▶ _Activity_: Some lines below hold "record". Pick them out and copy them.

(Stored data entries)
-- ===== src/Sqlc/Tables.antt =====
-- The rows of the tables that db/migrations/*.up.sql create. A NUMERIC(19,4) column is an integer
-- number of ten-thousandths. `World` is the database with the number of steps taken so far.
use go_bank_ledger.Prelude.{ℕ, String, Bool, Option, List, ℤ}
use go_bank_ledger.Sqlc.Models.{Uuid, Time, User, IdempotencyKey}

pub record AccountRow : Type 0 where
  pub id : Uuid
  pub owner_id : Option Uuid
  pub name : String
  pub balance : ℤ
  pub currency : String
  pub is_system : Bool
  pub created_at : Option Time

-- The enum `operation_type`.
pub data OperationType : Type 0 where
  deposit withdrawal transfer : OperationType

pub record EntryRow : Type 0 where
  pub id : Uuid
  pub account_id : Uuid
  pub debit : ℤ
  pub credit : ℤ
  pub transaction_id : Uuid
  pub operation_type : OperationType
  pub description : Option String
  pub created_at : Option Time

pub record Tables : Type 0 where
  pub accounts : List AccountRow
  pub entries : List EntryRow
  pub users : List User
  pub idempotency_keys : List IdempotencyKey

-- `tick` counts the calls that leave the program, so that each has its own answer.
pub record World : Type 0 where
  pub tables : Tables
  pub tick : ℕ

▶ _Exercise response_:
pub record AccountRow : Type 0 where
pub record EntryRow : Type 0 where
pub record Tables : Type 0 where
pub record World : Type 0 where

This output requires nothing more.